(INPUT MATERIAL):

____________

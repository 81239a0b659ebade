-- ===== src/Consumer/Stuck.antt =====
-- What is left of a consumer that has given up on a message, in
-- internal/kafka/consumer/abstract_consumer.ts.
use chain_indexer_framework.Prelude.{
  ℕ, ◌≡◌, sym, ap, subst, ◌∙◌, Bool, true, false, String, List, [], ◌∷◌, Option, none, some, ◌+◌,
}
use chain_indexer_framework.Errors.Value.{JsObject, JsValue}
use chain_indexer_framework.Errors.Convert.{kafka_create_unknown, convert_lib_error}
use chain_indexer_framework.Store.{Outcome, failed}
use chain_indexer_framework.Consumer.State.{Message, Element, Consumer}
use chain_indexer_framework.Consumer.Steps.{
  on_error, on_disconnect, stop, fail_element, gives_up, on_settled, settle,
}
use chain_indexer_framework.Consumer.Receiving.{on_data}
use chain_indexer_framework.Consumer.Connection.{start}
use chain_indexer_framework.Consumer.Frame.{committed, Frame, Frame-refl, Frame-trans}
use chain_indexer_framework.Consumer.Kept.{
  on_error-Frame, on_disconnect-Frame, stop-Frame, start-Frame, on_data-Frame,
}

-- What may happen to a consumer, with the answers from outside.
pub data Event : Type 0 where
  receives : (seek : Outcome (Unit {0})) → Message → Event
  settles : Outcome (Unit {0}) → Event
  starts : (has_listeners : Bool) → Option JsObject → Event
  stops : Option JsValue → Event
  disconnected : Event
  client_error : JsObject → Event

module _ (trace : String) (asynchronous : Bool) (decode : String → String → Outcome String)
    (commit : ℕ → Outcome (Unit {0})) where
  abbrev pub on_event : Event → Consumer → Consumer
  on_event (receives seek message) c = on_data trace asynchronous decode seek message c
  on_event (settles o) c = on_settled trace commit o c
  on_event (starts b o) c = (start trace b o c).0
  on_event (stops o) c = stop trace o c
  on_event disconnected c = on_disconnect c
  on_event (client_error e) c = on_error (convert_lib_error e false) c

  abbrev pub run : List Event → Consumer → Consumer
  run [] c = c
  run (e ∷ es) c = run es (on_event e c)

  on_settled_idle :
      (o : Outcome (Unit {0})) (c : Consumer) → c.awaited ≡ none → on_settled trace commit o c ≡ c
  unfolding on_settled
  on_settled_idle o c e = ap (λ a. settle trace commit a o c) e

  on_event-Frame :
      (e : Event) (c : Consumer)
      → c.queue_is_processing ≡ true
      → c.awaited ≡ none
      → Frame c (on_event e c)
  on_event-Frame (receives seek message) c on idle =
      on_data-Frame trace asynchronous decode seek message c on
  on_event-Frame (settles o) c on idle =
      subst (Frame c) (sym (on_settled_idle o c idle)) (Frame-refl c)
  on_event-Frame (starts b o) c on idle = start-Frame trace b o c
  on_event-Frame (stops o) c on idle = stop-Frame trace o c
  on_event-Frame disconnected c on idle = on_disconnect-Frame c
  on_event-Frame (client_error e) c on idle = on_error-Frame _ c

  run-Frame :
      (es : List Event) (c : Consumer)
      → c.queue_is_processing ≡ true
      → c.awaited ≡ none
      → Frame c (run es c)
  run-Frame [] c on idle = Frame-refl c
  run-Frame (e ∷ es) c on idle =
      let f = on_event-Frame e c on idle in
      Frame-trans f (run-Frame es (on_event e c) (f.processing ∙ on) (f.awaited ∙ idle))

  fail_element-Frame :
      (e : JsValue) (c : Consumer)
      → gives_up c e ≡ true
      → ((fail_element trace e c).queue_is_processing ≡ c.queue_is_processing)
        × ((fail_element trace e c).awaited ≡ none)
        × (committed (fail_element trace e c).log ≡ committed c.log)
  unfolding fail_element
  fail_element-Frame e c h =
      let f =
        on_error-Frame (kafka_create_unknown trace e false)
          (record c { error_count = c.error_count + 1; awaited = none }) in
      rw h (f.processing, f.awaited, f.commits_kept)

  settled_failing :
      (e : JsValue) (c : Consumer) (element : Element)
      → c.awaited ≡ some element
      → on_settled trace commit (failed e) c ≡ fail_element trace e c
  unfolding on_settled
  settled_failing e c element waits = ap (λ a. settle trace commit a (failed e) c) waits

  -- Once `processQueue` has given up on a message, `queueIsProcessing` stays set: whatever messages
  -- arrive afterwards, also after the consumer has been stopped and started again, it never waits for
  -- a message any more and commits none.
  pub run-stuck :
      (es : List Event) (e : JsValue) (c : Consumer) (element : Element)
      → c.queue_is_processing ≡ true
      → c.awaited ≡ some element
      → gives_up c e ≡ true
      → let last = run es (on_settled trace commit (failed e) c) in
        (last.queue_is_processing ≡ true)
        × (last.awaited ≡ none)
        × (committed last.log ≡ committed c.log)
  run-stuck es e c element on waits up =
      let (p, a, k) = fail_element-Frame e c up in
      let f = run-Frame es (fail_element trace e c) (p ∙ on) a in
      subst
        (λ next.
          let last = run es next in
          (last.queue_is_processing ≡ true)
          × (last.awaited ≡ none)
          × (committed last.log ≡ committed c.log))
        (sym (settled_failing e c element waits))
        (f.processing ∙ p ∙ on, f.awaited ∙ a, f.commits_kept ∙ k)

____________

Your response must contain the complete listing, copied without deviation.

(YOUR SOLUTION):
repository 81239a0b659ebade
-- ===== src/Consumer/Stuck.antt =====
-- What is left of a consumer that has given up on a message, in
-- internal/kafka/consumer/abstract_consumer.ts.
use chain_indexer_framework.Prelude.{
  ℕ, ◌≡◌, sym, ap, subst, ◌∙◌, Bool, true, false, String, List, [], ◌∷◌, Option, none, some, ◌+◌,
}
use chain_indexer_framework.Errors.Value.{JsObject, JsValue}
use chain_indexer_framework.Errors.Convert.{kafka_create_unknown, convert_lib_error}
use chain_indexer_framework.Store.{Outcome, failed}
use chain_indexer_framework.Consumer.State.{Message, Element, Consumer}
use chain_indexer_framework.Consumer.Steps.{
  on_error, on_disconnect, stop, fail_element, gives_up, on_settled, settle,
}
use chain_indexer_framework.Consumer.Receiving.{on_data}
use chain_indexer_framework.Consumer.Connection.{start}
use chain_indexer_framework.Consumer.Frame.{committed, Frame, Frame-refl, Frame-trans}
use chain_indexer_framework.Consumer.Kept.{
  on_error-Frame, on_disconnect-Frame, stop-Frame, start-Frame, on_data-Frame,
}

-- What may happen to a consumer, with the answers from outside.
pub data Event : Type 0 where
  receives : (seek : Outcome (Unit {0})) → Message → Event
  settles : Outcome (Unit {0}) → Event
  starts : (has_listeners : Bool) → Option JsObject → Event
  stops : Option JsValue → Event
  disconnected : Event
  client_error : JsObject → Event

module _ (trace : String) (asynchronous : Bool) (decode : String → String → Outcome String)
    (commit : ℕ → Outcome (Unit {0})) where
  abbrev pub on_event : Event → Consumer → Consumer
  on_event (receives seek message) c = on_data trace asynchronous decode seek message c
  on_event (settles o) c = on_settled trace commit o c
  on_event (starts b o) c = (start trace b o c).0
  on_event (stops o) c = stop trace o c
  on_event disconnected c = on_disconnect c
  on_event (client_error e) c = on_error (convert_lib_error e false) c

  abbrev pub run : List Event → Consumer → Consumer
  run [] c = c
  run (e ∷ es) c = run es (on_event e c)

  on_settled_idle :
      (o : Outcome (Unit {0})) (c : Consumer) → c.awaited ≡ none → on_settled trace commit o c ≡ c
  unfolding on_settled
  on_settled_idle o c e = ap (λ a. settle trace commit a o c) e

  on_event-Frame :
      (e : Event) (c : Consumer)
      → c.queue_is_processing ≡ true
      → c.awaited ≡ none
      → Frame c (on_event e c)
  on_event-Frame (receives seek message) c on idle =
      on_data-Frame trace asynchronous decode seek message c on
  on_event-Frame (settles o) c on idle =
      subst (Frame c) (sym (on_settled_idle o c idle)) (Frame-refl c)
  on_event-Frame (starts b o) c on idle = start-Frame trace b o c
  on_event-Frame (stops o) c on idle = stop-Frame trace o c
  on_event-Frame disconnected c on idle = on_disconnect-Frame c
  on_event-Frame (client_error e) c on idle = on_error-Frame _ c

  run-Frame :
      (es : List Event) (c : Consumer)
      → c.queue_is_processing ≡ true
      → c.awaited ≡ none
      → Frame c (run es c)
  run-Frame [] c on idle = Frame-refl c
  run-Frame (e ∷ es) c on idle =
      let f = on_event-Frame e c on idle in
      Frame-trans f (run-Frame es (on_event e c) (f.processing ∙ on) (f.awaited ∙ idle))

  fail_element-Frame :
      (e : JsValue) (c : Consumer)
      → gives_up c e ≡ true
      → ((fail_element trace e c).queue_is_processing ≡ c.queue_is_processing)
        × ((fail_element trace e c).awaited ≡ none)
        × (committed (fail_element trace e c).log ≡ committed c.log)
  unfolding fail_element
  fail_element-Frame e c h =
      let f =
        on_error-Frame (kafka_create_unknown trace e false)
          (record c { error_count = c.error_count + 1; awaited = none }) in
      rw h (f.processing, f.awaited, f.commits_kept)

  settled_failing :
      (e : JsValue) (c : Consumer) (element : Element)
      → c.awaited ≡ some element
      → on_settled trace commit (failed e) c ≡ fail_element trace e c
  unfolding on_settled
  settled_failing e c element waits = ap (λ a. settle trace commit a (failed e) c) waits

  -- Once `processQueue` has given up on a message, `queueIsProcessing` stays set: whatever messages
  -- arrive afterwards, also after the consumer has been stopped and started again, it never waits for
  -- a message any more and commits none.
  pub run-stuck :
      (es : List Event) (e : JsValue) (c : Consumer) (element : Element)
      → c.queue_is_processing ≡ true
      → c.awaited ≡ some element
      → gives_up c e ≡ true
      → let last = run es (on_settled trace commit (failed e) c) in
        (last.queue_is_processing ≡ true)
        × (last.awaited ≡ none)
        × (committed last.log ≡ committed c.log)
  run-stuck es e c element on waits up =
      let (p, a, k) = fail_element-Frame e c up in
      let f = run-Frame es (fail_element trace e c) (p ∙ on) a in
      subst
        (λ next.
          let last = run es next in
          (last.queue_is_processing ≡ true)
          × (last.awaited ≡ none)
          × (committed last.log ≡ committed c.log))
        (sym (settled_failing e c element waits))
        (f.processing ∙ p ∙ on, f.awaited ∙ a, f.commits_kept ∙ k)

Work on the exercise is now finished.